Nutrition is one area of interest for epigenetics. Obviously, poor nutrition affects our body by starving it of essential building blocks for life. Epigenetics reveals that a failure to eat well can also alter how our genes behave, even leading to issues with mental health. In some cases, it is not just our nutrition that is the determining factor, but the nutrition of our pregnant mother. Her nutrition while carrying us can affect our health decades after our birth, not just because of poor body development, but also due to changes in how our genes work.
Smoking is known to be a health risk, but it is typically associated with problems related to using a carcinogenic substance or damage to the lungs from smoke inhalation. Outside of these physical changes caused by the act of smoking, epigenetics also demonstrates that smoking leads to changes in gene function.
Infections can also alter how our genes operate. After certain types of infections, known epigenetic alterations to the human body take place. These changes can even affect how our brains work.

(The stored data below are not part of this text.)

-- ===== src/Debug/Console.antt =====
-- debug/log.go: the log on the console. What was written to standard output is the list of its
-- texts, the latest first, and whether a write fails is the answer of the console.
pub mod Lines
use winsvc.Prelude.{
  ℕ, zero, suc, ◌+◌, ◌/◌, ◌%◌, Option, none, some, List, [], ◌∷◌, ◌++◌, ltb, if◌then◌else◌,
}
use winsvc.Unicode.{GoString, codes}
use winsvc.Winapi.System.{Error, Outcome, ok, err}

pub record ConsoleLog : Type 0 where
  pub name : GoString

-- Standard output: how it answers a write after what was written before.
abbrev pub Console : Type 0
Console = List GoString → GoString → Option Error

abbrev pub Written : Type 0
Written = List GoString

abbrev written : Option Error → Outcome (Unit {0})
written none = ok tt
written (some e) = err e

unfoldable pub new : GoString → ConsoleLog
new source = record { name = source }

unfoldable pub close : ConsoleLog → Outcome (Unit {0})
close l = ok tt

-- strconv.Itoa, on the number of its digits at most.
unfoldable pub itoa_loop : ℕ → ℕ → GoString
itoa_loop zero n = []
itoa_loop (suc k) n =
    let rest = itoa_loop k (n / 10) in
    if ltb n 10 then (b'0' + n) ∷ [] else rest ++ (b'0' + n % 10) ∷ []

unfoldable pub itoa : ℕ → GoString
unfolding itoa_loop
itoa n = itoa_loop 20 n

-- The text of one report.
unfoldable pub line : ConsoleLog → (kind : GoString) → (eid : ℕ) → (msg : GoString) → GoString
unfolding itoa
line l kind eid msg =
    l.name
    ++ (codes "." ++ (kind ++ (codes "(" ++ (itoa eid ++ (codes "): " ++ (msg ++ codes "\n"))))))

unfoldable pub report :
    ConsoleLog
    → (kind : GoString) → (eid : ℕ) → (msg : GoString) → Console
    → Written
    → Outcome (Unit {0}) × Written
unfolding line
report l kind eid msg console out =
    (written (console out (line l kind eid msg)), line l kind eid msg ∷ out)

unfoldable pub info :
    ConsoleLog → (eid : ℕ) → (msg : GoString) → Console → Written → Outcome (Unit {0}) × Written
unfolding report
info l eid msg = report l (codes "info") eid msg

unfoldable pub warning :
    ConsoleLog → (eid : ℕ) → (msg : GoString) → Console → Written → Outcome (Unit {0}) × Written
unfolding report
warning l eid msg = report l (codes "warn") eid msg

unfoldable pub error :
    ConsoleLog → (eid : ℕ) → (msg : GoString) → Console → Written → Outcome (Unit {0}) × Written
unfolding report
error l eid msg = report l (codes "error") eid msg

Epigenetic Changes Can Be Reversible
Fortunately, many epigenetic changes caused by our behaviors, the environment, or the behaviors of others are reversible. This is why the Brain Health Clinic is thorough when we examine the complaints that lead our clients to request assistance. It may be the principles of functional medicine, including the field of epigenetics, that hold the key to the particular breakthroughs our patients are seeking. So if one of our therapists asks questions about lifestyle, habits, or common behaviors in your life, or even your interactions with others and the world around you, these queries may be related to finding solutions through both psychiatric and medical means.
Therefore, Brain Health Clinic works closely with your medical doctor when it seems prudent to do so. Enlisting the assistance of your medical practitioner, and encouraging you to change certain habits or behaviors, may lead to the solution you are looking for. And that solution may be based on findings related to epigenetics.